Curcumin (figure 5 shows the enol form) is the main component of the Curcuma spice. In addition to giving its name and color to this widespread spice, this bright yellow phenolic (complex organic chemical) was reported to be a potent therapeutic agent for a broad range of chronic disorders (1,2,4). The protective effects of curcumin firsts were only described by its antioxidant and anti-inflammatory properties. Further studies highlighted how curcumin is able to selectively bind to the human CB1 cannabinoid receptor (2,4). However, more recent studies have independently measured the binding affinities of curcumin for CB1 and CB2 receptors but only found affinity for the receptors at high concentrations, suggesting that curcumin concentration from dietary supplements are not enough to observe effects on the endocannabinoid system (4).

Effects on other ECS receptors, enzymes and other interactions

Other cannabimimetic compounds affect different parts of the ECS in addition to the CB1 and CB2 receptors.

Piperine and Gingerol

Piperine (figure 6) is an alkaloid present in black pepper (Piper nigrum). It has anti inflammatory, analgesic, antiulcer, and anticonvulsant activities, and is also shown to have a protective effect on the liver (1,3). Similarly, gingerol (figure 7), a main phytochemical present in ginger roots, was reported to have similar effects. Previous studies have shown that both chemicals are cannabimimetic and can bind the TRPV1 receptor, a minor receptor in ECS, and increase its activity (2). It is still unclear how this affects the rest of the signalling within the ECS but agonist chemicals such as piperine and gingerol, have been shown to cause conformational change in the receptor, progressively leading to desensitization of the receptor. This makes these two compounds functional antagonists of the TRPV1 receptor if applied chronically (2).

Frank-incense

Frankincense, Boswellia carterii, is an aromatic resin extracted from the Boswelia tree (shown in figure 8). When consumed, this resin displays properties in humans resembling those of CBD Cannabis (structure of frankincense shown in figure 9), as well as antiinflammatory, antioxidant, and antiseptic effects. Research on its active components demonstrated potent agonism of one substance, incensole acetate, on the TRPV3 receptor, producing feelings or warmth in skin and mind, anxiolytic and antidepressant effects in mice models (1).

What the future holds

Researching cannabimimetic compounds gives us a better understanding of the ECS, providing insights into its functioning, the role of each receptor, signalling pathways within the body and associated physiological processes. 

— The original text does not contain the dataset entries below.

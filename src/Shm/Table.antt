-- ===== src/Shm/Table.antt =====
-- The data of shm.h and types.h, the clock, and the two loops over a segment that fork(), exec() and
-- mapShmSegPage() run.
use shared_memory.Prelude.{
  ℕ, ◌+◌, ◌-◌, ◌*◌, ◌/◌, ◌%◌, ◌^◌, Bool, ltb, ◌==◌, if◌then◌else◌, update_loop, ℤ, pos, negsuc,
  minus_one, Outcome, ok, fault, ◌>>=◌, in_bounds, acquire, release,
}
use shared_memory.Layout.{word, page_size, shm_max_seg}
use shared_memory.Kalloc.{Kmem}
use shared_memory.Vm.{PageDir}

abbrev pub eexist : ℤ
eexist = negsuc 100

abbrev pub einval : ℤ
einval = negsuc 101

abbrev pub enoent : ℤ
enoent = negsuc 102

abbrev pub enomem : ℤ
enomem = negsuc 103

abbrev pub enospc : ℤ
enospc = negsuc 104

abbrev pub eidrm : ℤ
eidrm = negsuc 201

abbrev pub shm_r : ℕ
shm_r = 1

abbrev pub ipc_creat : ℕ
ipc_creat = 4

abbrev pub ipc_excl : ℕ
ipc_excl = 16

-- -99999
abbrev pub ipc_private : ℤ
ipc_private = negsuc 99998

abbrev pub shm_rnd : ℕ
shm_rnd = 4

abbrev pub shm_remap : ℕ
shm_remap = 3

abbrev pub shm_dest : ℕ
shm_dest = 32

-- `key` is `__key`; -1 marks a slot that belongs to no segment.
pub record IpcPerm : Type 0 where
  pub key : ℤ
  pub mode : ℕ

-- One slot of the table: a page of a segment, with the data of the whole segment.
pub record ShmidDs : Type 0 where
  pub shm_perm : IpcPerm
  pub shm_segsz : ℕ
  pub shm_atime : ℤ
  pub shm_dtime : ℤ
  pub shm_ctime : ℤ
  pub shm_cpid : ℤ
  pub shm_lpid : ℤ
  pub shm_nattch : ℕ
  pub pa : ℕ

-- `shmpgtable`; its lock is whether this processor holds it.
pub record ShmTable : Type 0 where
  pub lock : Bool
  pub shm_segs : ℕ → ShmidDs
  pub last_shm_seg_index : ℤ

pub record ShmInfo : Type 0 where
  pub used_ids : ℕ
  pub shm_tot : ℕ

-- An entry of `proc.shmsegs`.
pub record AttachedShmseg : Type 0 where
  pub is_attached : Bool
  pub shmid : ℤ

-- The fields that cmostime() fills in and shm.c reads.
pub record Rtcdate : Type 0 where
  pub second : ℕ
  pub minute : ℕ
  pub hour : ℕ
  pub day : ℕ

-- What the calls of shm.c work on. `now` is what cmostime() reads and `ticks` the tick counter, as
-- they stand during the call; `pid`, `shmsegs` and `pgdir` are those of the calling process.
pub record Kernel : Type 0 where
  pub table : ShmTable
  pub info : ShmInfo
  pub kmem : Kmem
  pub pid : ℤ
  pub shmsegs : ℕ → AttachedShmseg
  pub pgdir : PageDir
  pub now : Rtcdate
  pub ticks : ℕ

-- (int) of an unsigned word, and back
abbrev pub to_int : ℕ → ℤ
to_int w = if ltb w (2 ^ 31) then pos w else negsuc (word - 1 - w)

abbrev pub to_uint : ℤ → ℕ
to_uint (pos n) = n
to_uint (negsuc n) = word - 1 - n

-- r.hour*10000 + r.minute*100 + r.second
unfoldable pub stamp : Rtcdate → ℤ
stamp r = to_int ((r.hour * 10000 + r.minute * 100 + r.second) % word)

-- An `int` as an index of a table of `shm_max_seg` elements.
abbrev pub index : ℤ → Outcome ℕ
index (pos n) = if ltb n shm_max_seg then ok n else fault
index (negsuc n) = fault

-- the number of pages of a segment
abbrev pub pages_of : ShmidDs → ℕ
pages_of d = d.shm_segsz / page_size

-- x += 1 and x -= 1 on an unsigned field
abbrev pub inc_word : ℕ → ℕ
inc_word n = (n + 1) % word

abbrev pub dec_word : ℕ → ℕ
dec_word n = (n + word - 1) % word

-- for (i = 0; i < n; i++) with the assignments `f` to shm_segs[first + i]
abbrev pub update_segs : (ShmidDs → ShmidDs) → ℕ → ℕ → ShmTable → Outcome ShmTable
update_segs f n first t = do
  segs ← in_bounds (update_loop shm_max_seg f n first t.shm_segs)
  ok (record t { shm_segs = segs })

abbrev pub acquire_table : ShmTable → Outcome ShmTable
acquire_table t = do l ← acquire t.lock; ok (record t { lock = l })

abbrev pub release_table : ShmTable → Outcome ShmTable
release_table t = do l ← release t.lock; ok (record t { lock = l })

-- The two bodies of updateShmSeg(): a child has been forked, or exec() drops the attachment.
unfoldable pub forked_slot : ℤ → Rtcdate → ShmidDs → ShmidDs
forked_slot pid now d = record d {
  shm_nattch = inc_word d.shm_nattch;
  shm_lpid = pid;
  shm_atime = stamp now;
}

unfoldable pub exec_slot : Rtcdate → ShmidDs → ShmidDs
exec_slot now d = record d { shm_nattch = dec_word d.shm_nattch; shm_dtime = stamp now }

-- updateShmSeg(shmid, pid, flag)
unfoldable pub update_shm_seg : ℤ → ℤ → ℕ → Rtcdate → ShmTable → Outcome ShmTable
unfolding forked_slot exec_slot
update_shm_seg shmid pid flag now t = do
  first ← index shmid
  let req_pages = pages_of (t.shm_segs first)
  t ← acquire_table t
  t ← update_segs (if flag == 0 then forked_slot pid now else exec_slot now) req_pages first t
  release_table t

-- What mapShmSegPage() writes.
unfoldable pub new_slot : ℕ → ℤ → ℕ → ℤ → ℕ → ShmidDs
new_slot pa key seg_size pid perm = record {
  shm_perm = record { key = key; mode = perm };
  shm_segsz = seg_size;
  shm_atime = minus_one;
  shm_dtime = minus_one;
  shm_ctime = minus_one;
  shm_cpid = minus_one;
  shm_lpid = pid;
  shm_nattch = 0;
  pa = pa;
}

-- mapShmSegPage(): all fields of one slot
unfoldable pub map_shm_seg_page : ℕ → ℤ → ℕ → ℕ → ℤ → ℕ → ShmTable → Outcome ShmTable
map_shm_seg_page pa key seg_size i pid perm t = do
  t ← acquire_table t
  t ← update_segs (λ d. new_slot pa key seg_size pid perm) 1 i t
  release_table t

This knowledge helps us better comprehend the body’s regulatory mechanisms and how the ECS can be influenced for therapeutic purposes. For example, research has shown that paracetamol and dipyrone, two analgesics used worldwide, indirectly impact the CB1 receptor by influencing serotonin production and other pathways that are interconnected with the ECS (6,7). A 2018 study also showed that the ECS contributes not only to paracetamol’s analgesia against acute pain but also against inflammatory pain (7).

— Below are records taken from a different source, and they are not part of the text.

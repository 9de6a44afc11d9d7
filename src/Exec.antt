-- ===== src/Exec.antt =====
-- exec.c: what exec() does to the shared memory entries of the process, once the new image is in
-- place.
pub mod Laws
use shared_memory.Prelude.{
  ℕ, zero, suc, ◌+◌, Bool, false, not, ◌&&◌, if◌then◌else◌, write, ℤ, negsuc, minus_one, ◌==ℤ◌,
  Outcome, ok, ◌>>=◌,
}
use shared_memory.Shm.Table.{ShmTable, AttachedShmseg, Rtcdate, update_shm_seg}

-- isAttached = 0; shmid = -1;
abbrev pub dropped : AttachedShmseg
dropped = record { is_attached = false; shmid = minus_one }

abbrev pub count_drop : Bool → ℤ → Rtcdate → ShmTable → Outcome ShmTable
count_drop counts id now t = if counts then update_shm_seg id minus_one 1 now t else ok t

-- for (i = 0; i < 4096; i++), with `n` entries from `i` on to go; `last` is last_shmid.
unfoldable pub drop_loop :
    ℕ
    → ℕ
    → ℤ
    → Rtcdate
    → (ℕ → AttachedShmseg)
    → ShmTable
    → Outcome ((ℕ → AttachedShmseg) × ShmTable)
drop_loop zero i last now segs t = ok (segs, t)
drop_loop (suc n) i last now segs t = do
  let held = (segs i).is_attached
  let id = (segs i).shmid
  let counts = held && not (id ==ℤ last)
  t ← count_drop counts id now t
  drop_loop n (i + 1) (if counts then id else last) now
      (if held then write segs i dropped else segs) t

-- The loop as exec() runs it.
unfoldable pub exec_shm :
    Rtcdate → (ℕ → AttachedShmseg) → ShmTable → Outcome ((ℕ → AttachedShmseg) × ShmTable)
exec_shm now segs t = drop_loop 4096 0 (negsuc 1) now segs t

Similarly, cannabimimetic compounds have already shown therapeutic potential in various areas, but the exact effects of these chemicals for commercial drug production require further investigation. By studying these compounds, researchers aim to identify new treatments and develop drugs that target the ECS for specific medical conditions, for example to modulate pain management, inflammation reduction, anxiety, seizures and other pathologies affecting the central nervous system and the brain (5,6).

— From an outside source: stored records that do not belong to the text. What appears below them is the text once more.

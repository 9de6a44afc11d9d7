-- ===== src/Exec/Laws.antt =====
-- exec(): no shared memory stays attached.
use shared_memory.Prelude.{
  ℕ, zero, suc, ◌+◌, ◌/◌, ◌≤◌, ◌<◌, ◌≡◌, ◌≢◌, ◌⊎◌, inl, inr, refl, ap, ◌∙◌, Bool, true, false, not,
  ◌&&◌, arith, lt→ltb, ==-refl, if◌then◌else◌, write, map_range, update_loop-ok, ℤ, pos, negsuc,
  minus_one, ◌==ℤ◌, ok, Bool-cases,
}
use native.Mathlib.Decide.{dec_lt}
use shared_memory.Layout.{shm_max_seg}
use shared_memory.Shm.Table.{ShmTable, AttachedShmseg, Rtcdate, pages_of, exec_slot, update_shm_seg}
use shared_memory.Exec.{dropped, count_drop, drop_loop, exec_shm}

-- The entry is not attached, or names a segment within the table.
abbrev pub Sound : ShmTable → AttachedShmseg → Type 0
Sound t a =
    (a.is_attached ≡ false)
    ⊎ ((f : ℕ) × (a.shmid ≡ pos f)
        × (f < shm_max_seg)
        × (f + pages_of (t.shm_segs f) ≤ shm_max_seg))

-- What the loop may do to the table.
pub record Dropped (t t' : ShmTable) : Type 0 where
  pub unlocked : t'.lock ≡ false
  pub sizes : (x : ℕ) → (t'.shm_segs x).shm_segsz ≡ (t.shm_segs x).shm_segsz
  pub perms : (x : ℕ) → (t'.shm_segs x).shm_perm ≡ (t.shm_segs x).shm_perm
  pub frames : (x : ℕ) → (t'.shm_segs x).pa ≡ (t.shm_segs x).pa

dropped_slots : ℕ → Rtcdate → ShmTable → ShmTable
dropped_slots f now t = record t {
  lock = false;
  shm_segs = map_range (exec_slot now) f (pages_of (t.shm_segs f)) t.shm_segs;
}

update_lem :
    (f : ℕ) (now : Rtcdate) (t : ShmTable)
    → t.lock ≡ false
    → f < shm_max_seg
    → f + pages_of (t.shm_segs f) ≤ shm_max_seg
    → update_shm_seg (pos f) minus_one 1 now t ≡ ok (dropped_slots f now t)
unfolding update_shm_seg dropped_slots
update_lem f now t u h fits =
    rw
      (
        lt→ltb f shm_max_seg h,
        u,
        update_loop-ok shm_max_seg (exec_slot now) (pages_of (t.shm_segs f)) f t.shm_segs fits,
      )
      refl

update-Dropped : (f : ℕ) (now : Rtcdate) (t : ShmTable) → Dropped t (dropped_slots f now t)
unfolding exec_slot dropped_slots
update-Dropped f now t = record {
  unlocked = refl;
  sizes = λ x. ground arith;
  perms = λ x. ground arith;
  frames = λ x. ground arith;
}

count_one :
    (counts : Bool) (now : Rtcdate) (a : AttachedShmseg) (t : ShmTable)
    → t.lock ≡ false
    → Sound t a
    → (counts ≡ true → a.is_attached ≡ true)
    → (t' : ShmTable) × (count_drop counts a.shmid now t ≡ ok t') × Dropped t t'
count_one false now a t u s h =
    (t, refl, record { unlocked = u; sizes = λ x. refl; perms = λ x. refl; frames = λ x. refl })
count_one true now a t u (inl off) h = absurd (both a.is_attached off (h refl))
  where
    both : (b : Bool) → b ≡ false → b ≡ true → ⊥
    both b p q = cc
count_one true now a t u (inr (f, is, inside, fits)) h = (
  dropped_slots f now t,
  ap (λ (z : ℤ). update_shm_seg z minus_one 1 now t) is ∙ update_lem f now t u inside fits,
  update-Dropped f now t,
)

Dropped-trans : (t u v : ShmTable) → Dropped t u → Dropped u v → Dropped t v
Dropped-trans t u v a b = record {
  unlocked = b.unlocked;
  sizes = λ x. b.sizes x ∙ a.sizes x;
  perms = λ x. b.perms x ∙ a.perms x;
  frames = λ x. b.frames x ∙ a.frames x;
}

Sound-kept : (t u : ShmTable) (a : AttachedShmseg) → Dropped t u → Sound t a → Sound u a
Sound-kept t u a d (inl off) = inl off
Sound-kept t u a d (inr (f, is, inside, fits)) =
    inr (f, is, inside, omega (arith, ap (λ (z : ℕ). z / 4096) (d.sizes f), fits))

-- The entries after the rounds from `i` to `end`: none of them is attached, and the others are as
-- before.
abbrev pub Cleared : ℕ → ℕ → (ℕ → AttachedShmseg) → (ℕ → AttachedShmseg) → Type 0
Cleared i end segs segs' =
    ((j : ℕ) → i ≤ j → j < end → (segs' j).is_attached ≡ false)
    × ((j : ℕ) → (j < i) ⊎ (end ≤ j) → segs' j ≡ segs j)

abbrev after_one : ℕ → (ℕ → AttachedShmseg) → ℕ → AttachedShmseg
after_one i segs = if (segs i).is_attached then write segs i dropped else segs

after_one-here : (i : ℕ) (segs : ℕ → AttachedShmseg) → (after_one i segs i).is_attached ≡ false
after_one-here i segs = elim (Bool-cases (segs i).is_attached) [
  | inl h ↦ rw (h, ==-refl i) refl
  | inr h ↦ rw h h
]

after_one-off : (i j : ℕ) (segs : ℕ → AttachedShmseg) → j ≢ i → after_one i segs j ≡ segs j
after_one-off i j segs ne = ground arith

Cleared-first :
    (i end : ℕ) (segs segs' : ℕ → AttachedShmseg)
    → i < end
    → Cleared (i + 1) end (after_one i segs) segs'
    → Cleared i end segs segs'
Cleared-first i end segs segs' h c = (
  λ j lo hi. elim (dec_lt i j) [
    | yes p ↦ c.0 j (omega arith) hi
    | no p ↦
        let e : j ≡ i = omega arith in
        rw e (
          ap (λ (a : AttachedShmseg). a.is_attached) (c.1 i (inl (omega arith)))
          ∙ after_one-here i segs)
  ],
  λ j o. c.1 j (outside j o) ∙ after_one-off i j segs (apart j o),
)
  where
    outside : (j : ℕ) → (j < i) ⊎ (end ≤ j) → (j < i + 1) ⊎ (end ≤ j)
    outside j o = ground arith

    apart : (j : ℕ) → (j < i) ⊎ (end ≤ j) → j ≢ i
    apart j o e = ground arith

and_left : (a b : Bool) → (a && b) ≡ true → a ≡ true
and_left a b h = ground arith

drop_loop_lem :
    (n i end : ℕ) (last : ℤ) (now : Rtcdate) (segs : ℕ → AttachedShmseg) (t : ShmTable)
    → i + n ≡ end
    → t.lock ≡ false
    → ((j : ℕ) → i ≤ j → j < end → Sound t (segs j))
    → (segs' : ℕ → AttachedShmseg) × (t' : ShmTable) × (drop_loop n i last now segs t
        ≡ ok (segs', t'))
      × Cleared i end segs segs'
      × Dropped t t'
unfolding drop_loop
drop_loop_lem zero i end last now segs t e u sound = (
  segs,
  t,
  refl,
  (λ j lo hi. absurd (omega arith), λ j h. refl),
  record { unlocked = u; sizes = λ x. refl; perms = λ x. refl; frames = λ x. refl },
)
drop_loop_lem (suc n) i end last now segs t e u sound =
    let counts = (segs i).is_attached && not ((segs i).shmid ==ℤ last) in
    let (t1, run, one) =
      count_one counts now (segs i) t u (sound i (omega arith) (omega arith))
        (and_left (segs i).is_attached (not ((segs i).shmid ==ℤ last))) in
    let (segs', t', rest, cleared, more) =
      drop_loop_lem n (i + 1) end (if counts then (segs i).shmid else last) now (after_one i segs)
        t1 (omega arith) one.unlocked
        (λ j lo hi.
          rw (after_one-off i j segs (λ q. omega arith))
            (Sound-kept t t1 (segs j) one (sound j (omega arith) hi))) in
    (
      segs',
      t',
      rw run rest,
      Cleared-first i end segs segs' (omega arith) cleared,
      Dropped-trans t t1 t' one more,
    )

-- exec() with the table of segments unlocked and each entry of the process either not attached or
-- naming a segment within the table: it returns, none of the 4096 entries is attached any more, the
-- lock is given back, and the sizes, keys, modes and pages of all slots are as before.
pub exec_shm_lem :
    (now : Rtcdate) (segs : ℕ → AttachedShmseg) (t : ShmTable)
    → t.lock ≡ false
    → ((j : ℕ) → j < 4096 → Sound t (segs j))
    → (segs' : ℕ → AttachedShmseg) × (t' : ShmTable) × (exec_shm now segs t ≡ ok (segs', t'))
      × ((j : ℕ) → j < 4096 → (segs' j).is_attached ≡ false)
      × Dropped t t'
unfolding exec_shm
exec_shm_lem now segs t u sound =
    let (segs', t', run, cleared, d) =
      drop_loop_lem 4096 0 4096 (negsuc 1) now segs t refl u (λ j lo hi. sound j hi) in
    (segs', t', run, λ j hi. cleared.0 j (omega arith) hi, d)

Lastly, investigating cannabimimetics helps in assessing the safety profile of these chemicals, such as potential side effects, and interactions with other medications. This knowledge is crucial for ensuring the responsible use of these compounds and minimizing potential risks. Studying cannabimimetics may lead to the development of novel drugs that target specific components of the ECS or modulate its activity in a controlled manner. This can potentially lead to more effective and targeted therapies with fewer side effects.